• [Exercise prompt] Return only the stretch of the material below that begins with the line containing "-- the path that was asked for is confined." and ends with the line containing "there = found_there.0;", exactly; both of those lines belong to it.

• [Exercise data]
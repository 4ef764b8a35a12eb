-- ===== src/Automation/Tokens/Keyed.antt =====
-- Every stored token stands under its own identifier, from `load` on.
use agent_send.Base.{
  Text, Bytes, List, [], ◌∷◌, true, Option, none, some, ◌≡◌, inl, inr, refl, arith, sym, subst,
  Text_eq, text_eq_iff,
}
use agent_send.Base.Result.{Result, ok, err, Result-cases}
use agent_send.Base.Map.{Map, get, insert, remove, values}
use agent_send.Core.Os.{Sha256}
use agent_send.Automation.Types.{
  AgentScope, StoredAgentToken, IssuedAgentToken, TokenStoreError, AutomationError,
}
use agent_send.Automation.Tokens.{
  AgentTokenStore, AgentTokens, by_id, load, keep, add_token, add_made, make_token, issue, revoke,
  revoke_found,
}
use agent_send.Automation.Tokens.Access.{IsKeyed, IsKeyed-insert}

IsKeyed-remove : (m : Map StoredAgentToken) (id : Text) → IsKeyed m → IsKeyed (remove m id)
unfolding IsKeyed remove
IsKeyed-remove [] id h = tt
IsKeyed-remove ((j, t) ∷ m) id h = ground (arith, h.0, h.1, IsKeyed-remove m id h.1)

IsKeyed-get :
    (m : Map StoredAgentToken) (id : Text) (t : StoredAgentToken)
    → IsKeyed m
    → get m id ≡ some t
    → t.id ≡ id
unfolding IsKeyed get
IsKeyed-get [] id t h e = ground arith
IsKeyed-get ((j, u) ∷ m) id t h e = ground (arith, text_eq_iff j id, h.0, IsKeyed-get m id t h.1)

IsKeyed-by_id :
    (found : List StoredAgentToken) (m : Map StoredAgentToken) → IsKeyed m → IsKeyed (by_id found m)
unfolding by_id
IsKeyed-by_id [] m h = h
IsKeyed-by_id (t ∷ rest) m h = IsKeyed-by_id rest (insert m t.id t) (IsKeyed-insert m t h)

-- The calls on the tokens.
pub data Call : Type 0 where
  issues : AgentScope → (id_bytes token_bytes : Option Bytes) → Call
  revokes : Text → Call

module _ (store : AgentTokenStore) (sha : Sha256) where
  pub call : Call → AgentTokens store → AgentTokens store
  call (issues scope id_bytes token_bytes) a = (issue store sha scope id_bytes token_bytes a).1
  call (revokes id) a = (revoke store id a).1

  pub calls : List Call → AgentTokens store → AgentTokens store
  calls [] a = a
  calls (c ∷ cs) a = calls cs (call c a)

  keep-IsKeyed :
      {A : Type 0} (x : A) (new old : Map StoredAgentToken)
      (saved : Result TokenStoreError (Unit {0}) × store.Store)
      → IsKeyed new
      → IsKeyed old
      → IsKeyed (keep store x new old saved).1.tokens
  keep-IsKeyed x new old (ok u, s) h k = h
  keep-IsKeyed x new old (err e, s) h k = k

  add_made-IsKeyed :
      (made : Result AutomationError (StoredAgentToken × IssuedAgentToken)) (a : AgentTokens store)
      → IsKeyed a.tokens
      → IsKeyed (add_made store made a).1.tokens
  unfolding add_token
  add_made-IsKeyed (ok (t, issued)) a h =
      let added = IsKeyed-insert a.tokens t h in
      keep-IsKeyed issued _ _ (store.save (values (insert a.tokens t.id t)) a.backing) added
        (IsKeyed-remove (insert a.tokens t.id t) t.id added)
  add_made-IsKeyed (err e) a h = h

  revoke_found-IsKeyed :
      (id : Text) (o : Option StoredAgentToken) (a : AgentTokens store)
      → get a.tokens id ≡ o
      → IsKeyed a.tokens
      → IsKeyed (revoke_found store id o a).1.tokens
  unfolding revoke_found
  revoke_found-IsKeyed id none a e h = h
  revoke_found-IsKeyed id (some t) a e h =
      let left = IsKeyed-remove a.tokens id h in
      let same = IsKeyed-get a.tokens id t h e in
      keep-IsKeyed true _ _ (store.save (values (remove a.tokens id)) a.backing) left (
        subst (λ k. IsKeyed (insert (remove a.tokens id) k t)) same
          (IsKeyed-insert (remove a.tokens id) t left))

  call-IsKeyed : (c : Call) (a : AgentTokens store) → IsKeyed a.tokens → IsKeyed (call c a).tokens
  unfolding call issue revoke
  call-IsKeyed (issues scope id_bytes token_bytes) a h =
      add_made-IsKeyed (make_token store sha scope id_bytes token_bytes) a h
  call-IsKeyed (revokes id) a h = revoke_found-IsKeyed id (get a.tokens id) a refl h

  kept_by_calls :
      (cs : List Call) (a : AgentTokens store) → IsKeyed a.tokens → IsKeyed (calls cs a).tokens
  unfolding calls
  kept_by_calls [] a h = h
  kept_by_calls (c ∷ cs) a h = kept_by_calls cs (call c a) (call-IsKeyed c a h)

  load-tokens :
      (s : store.Store) (a : AgentTokens store)
      → load store s ≡ ok a
      → (found : List StoredAgentToken) × (a.tokens ≡ by_id found [])
  unfolding load
  load-tokens s a h = elim (Result-cases (store.load_tokens s)) [
    | inl (found, e) ↦ (found, ground arith)
    | inr (x, e) ↦ ground arith
  ]

  load-IsKeyed : (s : store.Store) (a : AgentTokens store) → load store s ≡ ok a → IsKeyed a.tokens
  unfolding IsKeyed
  load-IsKeyed s a h =
      let (found, e) = load-tokens s a h in subst IsKeyed (sym e) (IsKeyed-by_id found [] tt)

  -- Whatever a store holds, and whatever is issued and revoked after it is loaded, every stored
  -- token stands under its own identifier, whether the changes can be saved or not.
  pub calls-IsKeyed :
      (s : store.Store) (a : AgentTokens store) (cs : List Call)
      → load store s ≡ ok a
      → IsKeyed (calls cs a).tokens
  calls-IsKeyed s a cs h = kept_by_calls cs a (load-IsKeyed s a h)
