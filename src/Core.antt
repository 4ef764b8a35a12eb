-- ===== src/Core.antt =====
-- crates/agent-send-core: the types and the path policy that every other crate shares.
pub mod Request
pub mod Paths
pub mod Os
pub mod Policy
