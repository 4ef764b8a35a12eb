-- ===== src/Core/Paths/Laws.antt =====
-- How the components of a path go with `join`.
use mathlib.Core.List.{append-nil}
use mathlib.Core.Logic.{◌≢◌}
use agent_send.Base.{
  Text, ℕ, List, [], ◌∷◌, ◌++◌, true, false, ◌≡◌, refl, ap, sym, ◌∙◌, Text_eq, ℕ_eq, arith,
  text_eq_refl, Bool-cases, inl, inr, is_empty,
}
use agent_send.Core.Paths.{
  Component, prefix, root_dir, cur_dir, parent_dir, normal, cons_head, segments, body, components,
  is_prefix, starts_with, has_root, join, ends_with_slash,
}

segments-ne-nil : (p : Text) → segments p ≢ []
unfolding segments
segments-ne-nil [] h = ground arith
segments-ne-nil (c ∷ cs) h = ground arith

cons_head-append :
    (c : ℕ) (xs ys : List Text) → xs ≢ [] → cons_head c (xs ++ ys) ≡ cons_head c xs ++ ys
cons_head-append c [] ys h = absurd (h refl)
cons_head-append c (x ∷ xs) ys h = refl

-- A slash separates the pieces on its two sides.
pub segments-slash : (a p : Text) → segments (a ++ (b'/' ∷ p)) ≡ segments a ++ segments p
unfolding segments
segments-slash [] p = refl
segments-slash (c ∷ cs) p =
    ground (
      arith,
      segments-slash cs p,
      cons_head-append c (segments cs) (segments p) (segments-ne-nil cs),
    )

pub body-append : (xs ys : List Text) → body (xs ++ ys) ≡ body xs ++ body ys
unfolding body
body-append [] ys = refl
body-append (x ∷ xs) ys = ground (arith, body-append xs ys)

pub is_prefix-append : (cs ds : List Component) → is_prefix cs (cs ++ ds) ≡ true
unfolding is_prefix
is_prefix-append [] ds = refl
is_prefix-append (prefix s ∷ cs) ds = ground (arith, text_eq_refl s, is_prefix-append cs ds)
is_prefix-append (normal s ∷ cs) ds = ground (arith, text_eq_refl s, is_prefix-append cs ds)
is_prefix-append (root_dir ∷ cs) ds = is_prefix-append cs ds
is_prefix-append (cur_dir ∷ cs) ds = is_prefix-append cs ds
is_prefix-append (parent_dir ∷ cs) ds = is_prefix-append cs ds

-- What stands before a final slash.
unslash : Text → Text
unslash [] = []
unslash (c ∷ []) = []
unslash (c ∷ d ∷ s) = c ∷ unslash (d ∷ s)

unslash-append : (s p : Text) → ends_with_slash s ≡ true → s ++ p ≡ unslash s ++ (b'/' ∷ p)
unfolding unslash
unslash-append [] p h = ground arith
unslash-append (c ∷ []) p h = ground arith
unslash-append (c ∷ d ∷ s) p h = ap (λ t. c ∷ t) (unslash-append (d ∷ s) p h)

body-slash :
    (u p : Text) → body (segments (u ++ (b'/' ∷ p))) ≡ body (segments u) ++ body (segments p)
body-slash u p = rw segments-slash (body-append (segments u) (segments p))

-- A final slash adds no component.
body-unslash :
    (s : Text) → ends_with_slash s ≡ true → body (segments (unslash s)) ≡ body (segments s)
unfolding segments body
body-unslash s h =
    let e : s ≡ unslash s ++ (b'/' ∷ []) = sym (append-nil s) ∙ unslash-append s [] h in
    sym (ap (λ t. body (segments t)) e ∙ body-slash (unslash s) [] ∙ append-nil _)

body-segments-slash :
    (s p : Text)
    → ends_with_slash s ≡ true
    → body (segments (s ++ p)) ≡ body (segments s) ++ body (segments p)
body-segments-slash s p h =
    ap (λ t. body (segments t)) (unslash-append s p h)
    ∙ body-slash (unslash s) p
    ∙ ap (λ b. b ++ body (segments p)) (body-unslash s h)

has_root-append : (s p : Text) → has_root s ≡ true → has_root (s ++ p) ≡ true
has_root-append [] p h = ground arith
has_root-append (c ∷ s) p h = h

components-rooted : (s : Text) → has_root s ≡ true → components s ≡ root_dir ∷ body (segments s)
unfolding components
components-rooted s h = rw h

not-empty_of_rooted : (s : Text) → has_root s ≡ true → is_empty s ≡ false
not-empty_of_rooted [] h = ground arith
not-empty_of_rooted (c ∷ s) h = refl

-- Joining a relative path to an absolute one appends the components of its pieces.
pub components-join :
    (base path : Text)
    → has_root base ≡ true
    → has_root path ≡ false
    → components (join base path) ≡ components base ++ body (segments path)
unfolding join
components-join base path rooted relative =
    rw (relative, not-empty_of_rooted base rooted)
      (elim (Bool-cases (ends_with_slash base)) [
        | inl slash ↦
            rw
              (
                slash,
                components-rooted (base ++ path) (has_root-append base path rooted),
                components-rooted base rooted,
              )
              (ap (λ b. root_dir ∷ b) (body-segments-slash base path slash))
        | inr bare ↦
            rw
              (
                bare,
                components-rooted (base ++ (b'/' ∷ path)) (has_root-append base _ rooted),
                components-rooted base rooted,
              )
              (ap (λ b. root_dir ∷ b) (body-slash base path))
      ])

-- So the result lies beneath the absolute path, as `starts_with` sees it.
pub join-starts_with :
    (base path : Text)
    → has_root base ≡ true
    → has_root path ≡ false
    → starts_with (join base path) base ≡ true
unfolding starts_with
join-starts_with base path rooted relative =
    rw (components-join base path rooted relative)
      (is_prefix-append (components base) (body (segments path)))
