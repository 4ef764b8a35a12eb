-- ===== src/Core/Policy/Relative.antt =====
-- Which paths `validate_relative` accepts.
use agent_send.Base.{
  Text, text, List, [], ◌∷◌, true, false, ◌≡◌, ◌≢◌, ◌↔◌, refl, ◌==◌, Text_eq, ℕ_eq, arith,
  text_eq_iff, Bool-cases, inl, inr, is_empty, All, any,
}
use agent_send.Base.Result.{ok}
use agent_send.Core.Paths.{segments, body, lead, components, has_root}
use agent_send.Core.Policy.{check_components, validate_relative}

-- No piece between two slashes is `..`.
abbrev pub NoParents : List Text → Type 0
NoParents = All (λ s. s ≢ text "..")

-- A path that stays inside the directory that it is read from.
pub record IsConfined (p : Text) : Type 0 where
  pub nonempty : p ≢ []
  pub no_nul : any (λ b. b == 0) p ≡ false
  pub relative : has_root p ≡ false
  pub no_parents : NoParents (segments p)

dot_ne_parent : (s : Text) → s ≡ text "." → s ≢ text ".."
dot_ne_parent s e f = ground arith

empty_ne_parent : (s : Text) → is_empty s ≡ true → s ≢ text ".."
empty_ne_parent [] e f = ground arith
empty_ne_parent (c ∷ s) e f = ground arith

check-body→NoParents : (ss : List Text) → check_components (body ss) ≡ ok tt → NoParents ss
unfolding check_components body
check-body→NoParents [] h = tt
check-body→NoParents (s ∷ ss) h = ground (
  arith,
  text_eq_iff s (text "."),
  text_eq_iff s (text ".."),
  dot_ne_parent s,
  empty_ne_parent s,
  check-body→NoParents ss,
)

NoParents→check-body : (ss : List Text) → NoParents ss → check_components (body ss) ≡ ok tt
unfolding check_components body
NoParents→check-body [] h = refl
NoParents→check-body (s ∷ ss) h =
    ground (arith, text_eq_iff s (text ".."), h.0, NoParents→check-body ss h.1)

check-lead→NoParents : (ss : List Text) → check_components (lead ss) ≡ ok tt → NoParents ss
unfolding check_components
check-lead→NoParents [] h = tt
check-lead→NoParents (s ∷ ss) h = elim (Bool-cases (s == text ".")) [
  | inl dot ↦
      (dot_ne_parent s ((text_eq_iff s (text ".")).0 dot), check-body→NoParents ss (rw dot at h))
  | inr other ↦ check-body→NoParents (s ∷ ss) (rw other at h)
]

NoParents→check-lead : (ss : List Text) → NoParents ss → check_components (lead ss) ≡ ok tt
unfolding check_components
NoParents→check-lead [] h = refl
NoParents→check-lead (s ∷ ss) h = elim (Bool-cases (s == text ".")) [
  | inl dot ↦ rw dot (NoParents→check-body ss h.1)
  | inr other ↦ rw other (NoParents→check-body (s ∷ ss) h)
]

relative_of_check : (p : Text) → check_components (components p) ≡ ok tt → has_root p ≡ false
unfolding check_components components
relative_of_check p h = ground arith

lead_of_relative : (p : Text) → has_root p ≡ false → components p ≡ lead (segments p)
unfolding components
lead_of_relative p h = rw h

accepted→IsConfined : (p : Text) → validate_relative p ≡ ok tt → IsConfined p
unfolding validate_relative
accepted→IsConfined p h =
    let checked : check_components (components p) ≡ ok tt = ground arith in
    let relative : has_root p ≡ false = relative_of_check p checked in
    record {
      nonempty = ground arith;
      no_nul = ground arith;
      relative = relative;
      no_parents = check-lead→NoParents (segments p) (rw (lead_of_relative p relative) at checked);
    }

is_empty_of_ne : (p : Text) → p ≢ [] → is_empty p ≡ false
is_empty_of_ne [] h = absurd (h refl)
is_empty_of_ne (c ∷ p) h = refl

IsConfined→accepted : (p : Text) → IsConfined p → validate_relative p ≡ ok tt
unfolding validate_relative
IsConfined→accepted p h =
    rw (is_empty_of_ne p h.nonempty, h.no_nul, lead_of_relative p h.relative)
      (NoParents→check-lead (segments p) h.no_parents)

-- A path is accepted exactly when it is not empty, has no NUL byte, does not begin with a slash,
-- and none of the pieces between its slashes is `..`.
pub validate_relative-iff-IsConfined : (p : Text) → (validate_relative p ≡ ok tt) ↔ IsConfined p
validate_relative-iff-IsConfined p = (accepted→IsConfined p, IsConfined→accepted p)
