-- ===== src/Core/Policy/Confinement.antt =====
-- What a path that `resolve` hands out is worth.
use mathlib.Core.List.{reverse}
use agent_send.Base.{
  Text, text, List, [], ◌∷◌, ◌++◌, Bool, true, false, not, some, ◌≡◌, ◌≢◌, ◌⊎◌, inl, inr, refl, ap,
  ◌∙◌, ◌==◌, Text_eq, arith, text_eq_iff, if◌then◌else◌, Bool-cases, ◌||◌, is_empty, map,
}
use agent_send.Base.Result.{Result, ok, err, ok_or, reject_if, >>=-eq-ok, ok_or-eq-ok}
use agent_send.Core.Os.{FileSystem}
use agent_send.Core.Paths.{
  Component, prefix, root_dir, cur_dir, parent_dir, normal, segments, body, components, has_root,
  join, render, starts_with,
}
use agent_send.Core.Paths.Laws.{components-join}
use agent_send.Core.Policy.{
  PathOperation, read, write, PathPolicyError, PathPolicy, validate_relative, check_direction,
  ensure_beneath, climb, root_unavailable, path_unavailable, nearest_existing, locate, resolve,
}
use agent_send.Core.Policy.Relative.{NoParents, IsConfined, validate_relative-iff-IsConfined}

-- The pieces that give an ordinary component.
names : List Text → List Text
names [] = []
names (s ∷ ss) = if is_empty s || s == text "." then names ss else s ∷ names ss

body-normal : (ss : List Text) → NoParents ss → body ss ≡ map normal (names ss)
unfolding body names
body-normal [] h = refl
body-normal (s ∷ ss) h = ground (arith, text_eq_iff s (text ".."), h.0, body-normal ss h.1)

-- An accepted path, joined to an absolute directory, names an entry below that directory: its
-- components are those of the directory and then ordinary names, with no `..` and no root.
pub join-confined :
    (base path : Text)
    → has_root base ≡ true
    → validate_relative path ≡ ok tt
    → (below : List Text) × (components (join base path) ≡ components base ++ map normal below)
join-confined base path rooted accepted =
    let safe : IsConfined path = (validate_relative-iff-IsConfined path).0 accepted in
    (
      names (segments path),
      components-join base path rooted safe.relative
          ∙ ap (λ b. components base ++ b) (body-normal (segments path) safe.no_parents),
    )

-- The paths strictly between a missing path and the ancestor that was kept; both lists have the
-- last component first.
abbrev pub Missing : (Text → Bool) → List Component → List Component → Type 0
Missing exists [] kept = Unit
Missing exists (c ∷ []) kept = Unit
Missing exists (c ∷ d ∷ gone) kept =
    (exists (render (reverse (d ∷ (gone ++ kept)))) ≡ false) × Missing exists (d ∷ gone) kept

-- `found` is the ancestor of a missing path that is nearest to it and exists.
pub record IsNearest (exists : Text → Bool) (above : List Component) (found : Text) : Type 0 where
  pub gone : List Component
  pub kept : List Component
  pub nonempty : gone ≢ []
  pub split : above ≡ gone ++ kept
  pub here : found ≡ render (reverse kept)
  pub missing : Missing exists gone kept

Missing-cons :
    (exists : Text → Bool) (c : Component) (gone kept : List Component)
    → exists (render (reverse (gone ++ kept))) ≡ false
    → Missing exists gone kept
    → Missing exists (c ∷ gone) kept
Missing-cons exists c [] kept absent m = tt
Missing-cons exists c (d ∷ gone) kept absent m = (absent, m)

IsNearest-cons :
    (exists : Text → Bool) (c : Component) (above : List Component) (found : Text)
    → exists (render (reverse above)) ≡ false
    → IsNearest exists above found
    → IsNearest exists (c ∷ above) found
IsNearest-cons exists c above found absent n = record {
  gone = c ∷ n.gone;
  kept = n.kept;
  nonempty = λ e. ground arith;
  split = ap (λ l. c ∷ l) n.split;
  here = n.here;
  missing = Missing-cons exists c n.gone n.kept (rw (n.split) at absent) n.missing;
}

-- What the loop of `nearest_existing` finds.
abbrev Found : (Text → Bool) → Text → List Component → Text → Type 0
Found exists current above found =
    (exists found ≡ true)
    × ((found ≡ current) ⊎ ((exists current ≡ false) × IsNearest exists above found))

Found-up :
    (exists : Text → Bool) (c : Component) (current : Text) (above : List Component) (found : Text)
    → exists current ≡ false
    → Found exists (render (reverse above)) above found
    → Found exists current (c ∷ above) found
Found-up exists c current above found absent (there, inl e) = (
  there,
  inr (
    absent,
    record {
      gone = c ∷ [];
      kept = above;
      nonempty = λ p. ground arith;
      split = refl;
      here = e;
      missing = tt;
    },
  ),
)
Found-up exists c current above found absent (there, inr (higher, n)) =
    (there, inr (absent, IsNearest-cons exists c above found higher n))

stop :
    (exists : Text → Bool) (current : Text) (above : List Component) (found : Text)
    (e : PathPolicyError)
    → (if exists current then ok current else err e) ≡ ok found
    → Found exists current above found
stop exists current above found e h = elim (Bool-cases (exists current)) [
  | inl there ↦ ground arith
  | inr absent ↦ ground arith
]

go_up :
    (exists : Text → Bool) (c : Component) (current : Text) (above : List Component) (found : Text)
    (higher : Result PathPolicyError Text)
    → (higher ≡ ok found → Found exists (render (reverse above)) above found)
    → (if exists current then ok current else higher) ≡ ok found
    → Found exists current (c ∷ above) found
go_up exists c current above found higher rec h = elim (Bool-cases (exists current)) [
  | inl there ↦ ground arith
  | inr absent ↦ Found-up exists c current above found absent (rec (rw absent at h))
]

climb-Found :
    (exists : Text → Bool) (current : Text) (above : List Component) (found : Text)
    → climb exists current above ≡ ok found
    → Found exists current above found
unfolding climb
climb-Found exists current [] found h = stop exists current [] found _ h
climb-Found exists current (prefix s ∷ above) found h = stop exists current _ found _ h
climb-Found exists current (root_dir ∷ above) found h = stop exists current _ found _ h
climb-Found exists current (cur_dir ∷ above) found h =
    go_up exists cur_dir current above found _
      (climb-Found exists (render (reverse above)) above found) h
climb-Found exists current (parent_dir ∷ above) found h =
    go_up exists parent_dir current above found _
      (climb-Found exists (render (reverse above)) above found) h
climb-Found exists current (normal s ∷ above) found h =
    go_up exists (normal s) current above found _
      (climb-Found exists (render (reverse above)) above found) h

-- `nearest_existing` returns an existing path: the path itself, or else an ancestor of it with
-- nothing on the way that exists.
pub nearest_existing-Found :
    (exists : Text → Bool) (path found : Text)
    → nearest_existing exists path ≡ ok found
    → (exists found ≡ true)
      × ((found ≡ path)
          ⊎ ((exists path ≡ false) × IsNearest exists (reverse (components path)) found))
unfolding nearest_existing
nearest_existing-Found exists path found h = climb-Found exists path _ found h

module _ (fs : FileSystem) (d : fs.Disk) (policy : PathPolicy) (path : Text) where
  open fs use {canonicalize, exists, is_dir}

  -- The guards that every path has passed which `resolve` hands out for an operation.
  pub record Passed (operation : PathOperation) (root : Text) : Type 0 where
    pub confined : IsConfined path
    pub allowed : check_direction policy.direction operation ≡ ok tt
    pub root_found : canonicalize d policy.root ≡ some root
    pub root_is_dir : is_dir d root ≡ true

  -- A path that may be read: the target of the joined path with every link followed, and that
  -- target lies beneath the directory.
  pub record IsReadable (found : Text) : Type 0 where
    pub root : Text
    pub passed : Passed read root
    pub target : canonicalize d (join root path) ≡ some found
    pub beneath : starts_with found root ≡ true

  -- A path that may be written: the joined path itself, whose nearest existing ancestor lies
  -- beneath the directory once every link on the way to it is followed.
  pub record IsWritable (found : Text) : Type 0 where
    pub root : Text
    pub passed : Passed write root
    pub joined : found ≡ join root path
    pub existing : Text
    pub there : exists d existing ≡ true
    pub nearest :
        (existing ≡ found)
        ⊎ ((exists d found ≡ false) × IsNearest (exists d) (reverse (components found)) existing)
    pub target : Text
    pub resolved : canonicalize d existing ≡ some target
    pub beneath : starts_with target root ≡ true

  guards :
      (operation : PathOperation) {found : Text}
      → resolve fs d policy path operation ≡ ok found
      → (root : Text) × Passed operation root
        × (locate fs d root (join root path) operation ≡ ok found)
  unfolding resolve
  guards operation h =
      let (_, valid, h1) = >>=-eq-ok (validate_relative path) _ h in
      let (_, allows, h2) = >>=-eq-ok (check_direction policy.direction operation) _ h1 in
      let (root, at, h3) = >>=-eq-ok (ok_or (canonicalize d policy.root) root_unavailable) _ h2 in
      let (_, dir, h4) = >>=-eq-ok (reject_if (not (is_dir d root)) root_unavailable) _ h3 in
      (
        root,
        record {
          confined = (validate_relative-iff-IsConfined path).0 valid;
          allowed = allows;
          root_found = ok_or-eq-ok _ _ at;
          root_is_dir = ground arith;
        },
        h4,
      )

  locate-read :
      (root : Text) {found : Text}
      → locate fs d root (join root path) read ≡ ok found
      → (canonicalize d (join root path) ≡ some found) × (starts_with found root ≡ true)
  unfolding locate ensure_beneath
  locate-read root h = ground arith

  locate-write :
      (root : Text) {found : Text}
      → locate fs d root (join root path) write ≡ ok found
      → (found ≡ join root path)
        × ((existing target : Text) × (nearest_existing (exists d) (join root path) ≡ ok existing)
            × (canonicalize d existing ≡ some target)
            × (starts_with target root ≡ true))
  unfolding locate ensure_beneath
  locate-write root {found} h =
      let (existing, e, h1) = >>=-eq-ok (nearest_existing (exists d) (join root path)) _ h in
      let (target, t, h2) = >>=-eq-ok (ok_or (canonicalize d existing) path_unavailable) _ h1 in
      let (_, b, h3) = >>=-eq-ok (ensure_beneath root target) _ h2 in
      (ground arith, (existing, target, e, ok_or-eq-ok _ _ t, ground arith))

  -- Whatever `resolve` returns for a read is the target of the joined path with every link followed,
  -- and lies beneath the canonical directory, which the folder's direction allows to be read; and
  -- the path that was asked for is confined.
  pub resolve-IsReadable :
      {found : Text} → resolve fs d policy path read ≡ ok found → IsReadable found
  resolve-IsReadable h =
      let (root, passed, l) = guards read h in
      let (target, beneath) = locate-read root l in
      record { root = root; passed = passed; target = target; beneath = beneath }

  -- Whatever `resolve` returns for a write is the joined path itself. Its nearest existing ancestor,
  -- with every link followed, lies beneath the canonical directory, which the folder's direction
  -- allows to be written; and the path that was asked for is confined.
  pub resolve-IsWritable :
      {found : Text} → resolve fs d policy path write ≡ ok found → IsWritable found
  resolve-IsWritable {found} h =
      let (root, passed, l) = guards write h in
      let (joined, rest) = locate-write root l in
      let (existing, target, near, resolved, beneath) = rest in
      let found_there = nearest_existing-Found (exists d) (join root path) existing near in
      record {
        root = root;
        passed = passed;
        joined = joined;
        existing = existing;
        there = found_there.0;
        nearest = rw joined found_there.1;
        target = target;
        resolved = resolved;
        beneath = beneath;
      }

• [Answer to this task]
  -- the path that was asked for is confined.
  pub resolve-IsReadable :
      {found : Text} → resolve fs d policy path read ≡ ok found → IsReadable found
  resolve-IsReadable h =
      let (root, passed, l) = guards read h in
      let (target, beneath) = locate-read root l in
      record { root = root; passed = passed; target = target; beneath = beneath }

  -- Whatever `resolve` returns for a write is the joined path itself. Its nearest existing ancestor,
  -- with every link followed, lies beneath the canonical directory, which the folder's direction
  -- allows to be written; and the path that was asked for is confined.
  pub resolve-IsWritable :
      {found : Text} → resolve fs d policy path write ≡ ok found → IsWritable found
  resolve-IsWritable {found} h =
      let (root, passed, l) = guards write h in
      let (joined, rest) = locate-write root l in
      let (existing, target, near, resolved, beneath) = rest in
      let found_there = nearest_existing-Found (exists d) (join root path) existing near in
      record {
        root = root;
        passed = passed;
        joined = joined;
        existing = existing;
        there = found_there.0;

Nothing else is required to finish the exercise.